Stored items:
===============
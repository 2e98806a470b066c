-- ===== src/Generic/Fast.antt =====
-- What `FastSync` does to the records: to each that the Palm says was modified, and then to the local
-- ones.
use coldsync.Base.{ℕ, if◌then◌else◌, Option, none, some, map}
use coldsync.Pdb.{Pdb, PdbRecord, pdb_find_record_by_id, pdb_append_record}
use coldsync.Generic.{archive_record, load, change, delete_local, upload, sync_record}
use coldsync.Generic.Remote.{Palm, DlpStat, noerr, notfound, other}
use coldsync.Generic.Monad.{M, ◌>>=◌, ◌>>◌, pure, fail, gets, modify}
use coldsync.Generic.Records.{expunged, dirty, archive, clear_status_flags}
use coldsync.Generic.Slow.{for_each, to_archive}

module _ {P : Type 0} where
  abbrev pub append_or_fail : Option Pdb → M P (Unit {0})
  append_or_fail none = fail
  append_or_fail (some db) = modify (λ s. record s { localdb = db })

  -- A record that the Palm has sent and that is not in the local database. The record itself goes there,
  -- not a copy.
  unfoldable pub fast_new : PdbRecord → M P (Unit {0})
  unfolding archive_record pdb_append_record
  fast_new remoterec =
      if archive remoterec
      then archive_record (clear_status_flags remoterec)
      else if expunged remoterec
      then pure tt
      else do
        db ← gets (λ s. s.localdb)
        append_or_fail (pdb_append_record db (clear_status_flags remoterec))

module _ (palm : Palm) where
  unfoldable pub fast_found : PdbRecord → Option PdbRecord → M palm.State (Unit {0})
  unfolding fast_new sync_record
  fast_found remoterec none = fast_new remoterec
  fast_found remoterec (some localrec) = sync_record palm localrec.addr remoterec

  unfoldable pub fast_remote : PdbRecord → M palm.State (Unit {0})
  unfolding fast_found pdb_find_record_by_id
  fast_remote remoterec = do
    localrec ← gets (λ s. pdb_find_record_by_id s.localdb remoterec.id)
    fast_found remoterec localrec

  -- What the Palm answers to the deletion of a local record: a record that is not there is deleted too;
  -- after any other error the local record stays.
  unfoldable pub fast_answer : ℕ → DlpStat → M palm.State (Unit {0})
  unfolding delete_local
  fast_answer a noerr = delete_local a
  fast_answer a notfound = delete_local a
  fast_answer a other = do
    online ← gets (λ s. palm.is_online s.palm)
    if online then pure tt else fail

  unfoldable pub fast_delete : ℕ → ℕ → M palm.State (Unit {0})
  unfolding fast_answer
  fast_delete a id = do
    answer ← gets (λ s. palm.delete_record id s.palm)
    modify (λ s. record s { palm = answer.1 })
    fast_answer a answer.0

  unfoldable pub fast_only : ℕ → PdbRecord → M palm.State (Unit {0})
  unfolding archive_record change upload fast_delete
  fast_only a localrec =
      if to_archive localrec
      then change a clear_status_flags
        >> (archive_record (clear_status_flags localrec) >> fast_delete a localrec.id)
      else if expunged localrec
      then fast_delete a localrec.id
      else if dirty localrec
      then change a clear_status_flags >> upload palm a localrec.id
      else pure tt

  unfoldable pub fast_local : ℕ → M palm.State (Unit {0})
  unfolding load fast_only
  fast_local a = load a >>= fast_only a

  -- The walk over the local database.
  unfoldable pub fast_records : M palm.State (Unit {0})
  unfolding for_each fast_local
  fast_records = do local ← gets (λ s. map (λ r. r.addr) s.localdb.recs); for_each local fast_local
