-- ===== src/Generic/Freed.antt =====
-- The case of `SyncRecord` that uses a record after it was freed.
use coldsync.Base.{
  ℕ, false, none, some, List, [], ◌∷◌, ◌≡◌, refl, ap, ◌∙◌, arith, ◌==◌, Bool-cases, inl, inr,
}
use coldsync.Pdb.{PdbRecord, is_rsrc_db, at_addr, update_at, delete_by_id}
use coldsync.Pdb.Ids.{Unique, at_addr-update, lookup, lookup-at_addr}
use coldsync.Pdb.Unique.{Unique-update_same}
use coldsync.Generic.{
  archive_record, load, change, delete_local, append_local, copy_remote, sync_modified, sync_kinds,
  sync_record,
}
use coldsync.Generic.Remote.{Palm}
use coldsync.Generic.Monad.{Conduit, fault, M, ◌>>=◌, ◌>>◌, bind_ok}
use coldsync.Generic.Records.{archived, modified, kind, clear_status_flags}
use coldsync.Generic.Steps.{
  with_archive, with_change, without, after_copy, change-eq, change-none, archive_record-eq,
  delete_local-eq, copy_remote-eq,
}

-- No two records stand at one address.
abbrev pub Apart : List PdbRecord → Type 0
Apart [] = Unit
Apart (rec ∷ recs) = (at_addr rec.addr recs ≡ none) × Apart recs

at_addr-delete_by_id :
    (a : ℕ) (recs : List PdbRecord) (l : PdbRecord)
    → Unique recs
    → Apart recs
    → at_addr a recs ≡ some l
    → at_addr a (delete_by_id l.id recs) ≡ none
unfolding at_addr delete_by_id lookup
at_addr-delete_by_id a [] l u p e = refl
at_addr-delete_by_id a (rec ∷ recs) l u p e =
    ground (arith, p.0, u.0, at_addr-delete_by_id a recs l u.1 p.1, lookup-at_addr a recs l u.1)

at_addr-update_none :
    (a b : ℕ) (f : PdbRecord → PdbRecord) (recs : List PdbRecord)
    → ((r : PdbRecord) → (f r).addr ≡ r.addr)
    → at_addr b recs ≡ none
    → at_addr b (update_at a f recs) ≡ none
unfolding at_addr update_at
at_addr-update_none a b f [] same e = refl
at_addr-update_none a b f (rec ∷ recs) same e =
    ground (arith, same rec, at_addr-update_none a b f recs same)

Apart-update :
    (a : ℕ) (f : PdbRecord → PdbRecord) (recs : List PdbRecord)
    → ((r : PdbRecord) → (f r).addr ≡ r.addr)
    → Apart recs
    → Apart (update_at a f recs)
unfolding update_at
Apart-update a f [] same p = tt
Apart-update a f (rec ∷ recs) same p = elim (Bool-cases (rec.addr == a)) [
  | inl here ↦ rw (here, same rec) p
  | inr there ↦
      rw there (at_addr-update_none a rec.addr f recs same p.0, Apart-update a f recs same p.1)
]

-- Where the remote record is modified and the local one archived, the local database is no resource
-- database, its IDs and its addresses are unique, the local record is in it, and memory is found,
-- `SyncRecord` changes the flags of the local record after it has freed it.
pub sync_record-Freed :
    (palm : Palm) (a : ℕ) (l r : PdbRecord) (s : Conduit palm.State)
    → kind r ≡ modified
    → kind l ≡ archived
    → is_rsrc_db s.localdb ≡ false
    → s.memory.allocs ≡ []
    → Unique s.localdb.recs
    → Apart s.localdb.recs
    → at_addr a s.localdb.recs ≡ some l
    → (sync_record palm a r s).0 ≡ fault
unfolding sync_record load sync_kinds sync_modified is_rsrc_db clear_status_flags
sync_record-Freed palm a l r s kr kl no_rsrc found unique apart at_a =
    rw (at_a, kr, kl) (ap (λ o. o.0) steps)
  where
    s1 : Conduit palm.State
    s1 = with_archive l (with_change a clear_status_flags s)

    s2 : Conduit palm.State
    s2 = after_copy r (without l.id s1)

    last : PdbRecord → M palm.State (Unit {0})
    last new = change a clear_status_flags >> append_local new

    rest : M palm.State (Unit {0})
    rest = copy_remote r.flags r >>= last

    at_a1 : at_addr a s1.localdb.recs ≡ some (clear_status_flags l)
    at_a1 = at_addr-update a clear_status_flags s.localdb.recs l (λ x. refl) at_a

    away : at_addr a (delete_by_id l.id s1.localdb.recs) ≡ none
    away =
        at_addr-delete_by_id a s1.localdb.recs (clear_status_flags l)
          (Unique-update_same a clear_status_flags s.localdb.recs (λ x. refl) (λ x. refl) unique)
          (Apart-update a clear_status_flags s.localdb.recs (λ x. refl) apart) at_a1

    fault_here : change a clear_status_flags s2 ≡ (fault, s2)
    fault_here = change-none a clear_status_flags s2 away

    steps :
        (change a clear_status_flags >> (archive_record l >> (delete_local a >> rest))) s
        ≡ (fault, s2)
    steps =
        bind_ok (change a clear_status_flags) (λ _. archive_record l >> (delete_local a >> rest))
          {s = s} (change-eq a clear_status_flags s at_a)
        ∙ (bind_ok (archive_record l) (λ _. delete_local a >> rest)
              {s = with_change a clear_status_flags s}
              (archive_record-eq l (with_change a clear_status_flags s))
            ∙ (bind_ok (delete_local a) (λ _. rest) {s = s1} (delete_local-eq a s1 at_a1 no_rsrc)
                ∙ (bind_ok (copy_remote r.flags r) last {s = without l.id s1}
                      (copy_remote-eq r.flags r (without l.id s1) found)
                    ∙ rw fault_here)))
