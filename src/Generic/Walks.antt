-- ===== src/Generic/Walks.antt =====
-- What the walks of `FastSync` and `SlowSync` over the local database bring about.
use coldsync.Base.{
  ℕ, ==_refl, ◌↔◌, true, false, Bool-cases, none, some, List, [], ◌∷◌, All, ◌≡◌, refl, ◌∙◌, inl,
  inr, arith,
}
use coldsync.Pdb.{PdbRecord, is_rsrc_db, at_addr}
use coldsync.Pdb.Ids.{content, lookup, lookup-at_addr}
use coldsync.Generic.{archive_record, load, change, delete_local, upload}
use coldsync.Generic.Remote.{Palm, IsLawful}
use coldsync.Generic.Monad.{Conduit, ok, M, ◌>>◌, bind_ok}
use coldsync.Generic.Records.{expunged, dirty, clear_status_flags}
use coldsync.Generic.Steps.{
  Lands, and_then, with_archive, with_change, with_palm, change-eq, archive_record-eq,
}
use coldsync.Generic.Agree.{Agree-same}
use coldsync.Generic.Ready.{
  Ready, Synced, Ready-clear, Ready-delete_remote, gone_remote, delete_local-Synced, upload-Synced,
}
use coldsync.Generic.Slow.{for_each, to_archive, slow_only}
use coldsync.Generic.Fast.{fast_delete, fast_answer, fast_only, fast_local}

-- A record without any mark.
abbrev pub IsClean : PdbRecord → Type 0
IsClean l = (to_archive l ≡ false) × (expunged l ≡ false) × (dirty l ≡ false)

module _ (palm : Palm) (lawful : IsLawful palm) (k a : ℕ) where
  clear_archive :
      (l : PdbRecord) (m : M palm.State (Unit {0})) (s : Conduit palm.State)
      → Ready palm lawful k a l s
      → Lands
          (Synced palm lawful)
          (m (with_archive (clear_status_flags l) (with_change a clear_status_flags s)))
      → Lands
          (Synced palm lawful)
          ((change a clear_status_flags >> (archive_record (clear_status_flags l) >> m)) s)
  clear_archive l m s ready rest =
      and_then (Synced palm lawful) (change a clear_status_flags)
        (λ _. archive_record (clear_status_flags l) >> m) (change-eq a clear_status_flags s ready.1)
        (and_then (Synced palm lawful) (archive_record (clear_status_flags l)) (λ _. m)
          (archive_record-eq (clear_status_flags l) (with_change a clear_status_flags s)) rest)

  clear_upload :
      (l : PdbRecord) (s : Conduit palm.State)
      → Ready palm lawful k a l s
      → Lands (Synced palm lawful) ((change a clear_status_flags >> upload palm a l.id) s)
  unfolding is_rsrc_db
  clear_upload l s ready =
      and_then (Synced palm lawful) (change a clear_status_flags) (λ _. upload palm a l.id)
        (change-eq a clear_status_flags s ready.1)
        (rw ready.2 (
          upload-Synced palm lawful k a (clear_status_flags l) (with_change a clear_status_flags s)
            (Ready-clear palm lawful k a l s ready)))

  fast_delete-Synced :
      (l : PdbRecord) (s : Conduit palm.State)
      → Ready palm lawful k a l s
      → Lands (Synced palm lawful) (fast_delete palm a k s)
  unfolding fast_delete fast_answer
  fast_delete-Synced l s ready = elim (lawful.answers_delete k s.palm) [
    | inl done ↦ rw done deleted
    | inr (absent, _, _) ↦ rw absent deleted
  ]
    where
      deleted :
          Lands
            (Synced palm lawful)
            (delete_local a (with_palm palm lawful (palm.delete_record k s.palm).1 s))
      deleted =
          delete_local-Synced palm lawful k a l _ (Ready-delete_remote palm lawful k a l s ready)
            (gone_remote palm lawful k s.palm)

  -- If the Palm takes every record that it is sent and else keeps to the laws of `IsLawful`, by
  -- which it may have no record to delete and may give a record that it does not have another ID,
  -- memory is found, the IDs of the local database are unique, it is no resource database, and its
  -- other records have the contents that live on the Palm, as has the one at the address if it has
  -- no mark, then the look of `FastSync` at that record succeeds, and leaves a local database of
  -- unique IDs that holds just what lives on the Palm.
  pub fast_local-Synced :
      (l : PdbRecord) (s : Conduit palm.State)
      → Ready palm lawful k a l s
      → (IsClean l → lawful.held k s.palm ≡ some (content l))
      → Lands (Synced palm lawful) (fast_local palm a s)
  unfolding fast_local fast_only load is_rsrc_db clear_status_flags
  fast_local-Synced l s ready clean = rw ready.1 (elim (Bool-cases (to_archive l)) [
    | inl e ↦
        rw (e, ready.2)
          (clear_archive l (fast_delete palm a k) s ready (
            fast_delete-Synced (clear_status_flags l)
              (with_archive (clear_status_flags l) (with_change a clear_status_flags s))
              (Ready-clear palm lawful k a l s ready)))
    | inr e ↦ rw e (elim (Bool-cases (expunged l)) [
      | inl e' ↦ rw (e', ready.2) (fast_delete-Synced l s ready)
      | inr e' ↦ rw e' (elim (Bool-cases (dirty l)) [
        | inl e'' ↦ rw e'' (clear_upload l s ready)
        | inr e'' ↦
            rw e'' (ready.0, Agree-same _ k _ ready.3 a l ready.1 ready.2 (clean (e, e', e'')))
      ])
    ])
  ])

  slow_only-Synced :
      (l : PdbRecord) (s : Conduit palm.State)
      → Ready palm lawful k a l s
      → lawful.held k s.palm ≡ none
      → to_archive l ≡ false
      → Lands (Synced palm lawful) (slow_only palm a l s)
  unfolding slow_only is_rsrc_db
  slow_only-Synced l s ready none_here e = rw e (elim (Bool-cases (expunged l)) [
    | inl e' ↦ rw e' (delete_local-Synced palm lawful k a l s ready none_here)
    | inr e' ↦ rw e' (elim (Bool-cases (dirty l)) [
      | inl e'' ↦ rw e'' (clear_upload l s ready)
      | inr e'' ↦ rw e'' (
          and_then (Synced palm lawful) (archive_record l) (λ _. delete_local a) {s = s}
            (archive_record-eq l s)
            (delete_local-Synced palm lawful k a l (with_archive l s) ready none_here))
    ])
  ])

  slow_only-stays :
      (l : PdbRecord) (s : Conduit palm.State)
      → Ready palm lawful k a l s
      → lawful.held k s.palm ≡ none
      → to_archive l ≡ true
      → Lands (Synced palm lawful) (slow_only palm a l s)
      → ⊥
  unfolding slow_only clear_status_flags is_rsrc_db
  slow_only-stays l s ready none_here e lands = ground (arith, here, there, none_here)
    where
      s' : Conduit palm.State
      s' = with_archive (clear_status_flags l) (with_change a clear_status_flags s)

      cleared : Ready palm lawful k a (clear_status_flags l) (with_change a clear_status_flags s)
      cleared = Ready-clear palm lawful k a l s ready

      ends : slow_only palm a l s ≡ (ok tt, s')
      ends = rw e (
          bind_ok (change a clear_status_flags) (λ _. archive_record (clear_status_flags l)) {s = s}
            (change-eq a clear_status_flags s ready.1))

      synced : Synced palm lawful tt s'
      synced = rw ends at lands

      here : lookup k s'.localdb.recs ≡ some (content l)
      here =
          rw⁻¹ ready.2
            (lookup-at_addr a s'.localdb.recs (clear_status_flags l) cleared.3.0 cleared.1)

      there : lookup k s'.localdb.recs ≡ lawful.held k s.palm
      there = synced.1.1 k

  -- If the Palm takes every record that it is sent and else keeps to the laws of `IsLawful`, memory
  -- is found, the IDs of the local database are unique, it is no resource database, its other
  -- records have the contents that live on the Palm, and nothing lives there under the ID of the
  -- record at the address, then the look of `SlowSync` at that record, which was not downloaded,
  -- succeeds and leaves a local database of unique IDs that holds just what lives on the Palm
  -- exactly if the record was not deleted, or was to leave no trace: one that was deleted and is
  -- archived stays in the local database.
  pub slow_only_lem :
      (l : PdbRecord) (s : Conduit palm.State)
      → Ready palm lawful k a l s
      → lawful.held k s.palm ≡ none
      → Lands (Synced palm lawful) (slow_only palm a l s) ↔ (to_archive l ≡ false)
  slow_only_lem l s ready none_here = (
    λ lands. elim (Bool-cases (to_archive l)) [
      | inl e ↦ absurd (slow_only-stays l s ready none_here e lands)
      | inr e ↦ e
    ],
    slow_only-Synced l s ready none_here,
  )

-- A step that finds a clean record at every address leaves things as they are.
for_each_same :
    {P : Type 0} (f : ℕ → M P (Unit {0})) (s : Conduit P) (addrs : List ℕ)
    → All (λ a. f a s ≡ (ok tt, s)) addrs
    → for_each addrs f s ≡ (ok tt, s)
unfolding for_each
for_each_same f s [] same = refl
for_each_same f s (a ∷ addrs) (here, rest) =
    bind_ok (f a) (λ _. for_each addrs f) {s = s} here ∙ for_each_same f s addrs rest

fast_local_clean :
    (palm : Palm) (a : ℕ) (l : PdbRecord) (s : Conduit palm.State)
    → at_addr a s.localdb.recs ≡ some l
    → IsClean l
    → fast_local palm a s ≡ (ok tt, s)
unfolding fast_local fast_only load
fast_local_clean palm a l s at_a (kept, there, same) = rw (at_a, kept, there, same)

-- What stands at the address of a record of the list is a record of the list.
at_addr-All :
    (P : PdbRecord → Type 0) (rec : PdbRecord) (recs : List PdbRecord)
    → P rec
    → All P recs
    → (l : PdbRecord) × (at_addr rec.addr (rec ∷ recs) ≡ some l) × P l
unfolding at_addr
at_addr-All P rec recs p ps = (rec, rw (==_refl rec.addr), p)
===============
WHAT IS EXPECTED:
Reproduce each line above that contains "contents".

SOLVED PROBLEM:
  -- other records have the contents that live on the Palm, as has the one at the address if it has
  -- records have the contents that live on the Palm, and nothing lives there under the ID of the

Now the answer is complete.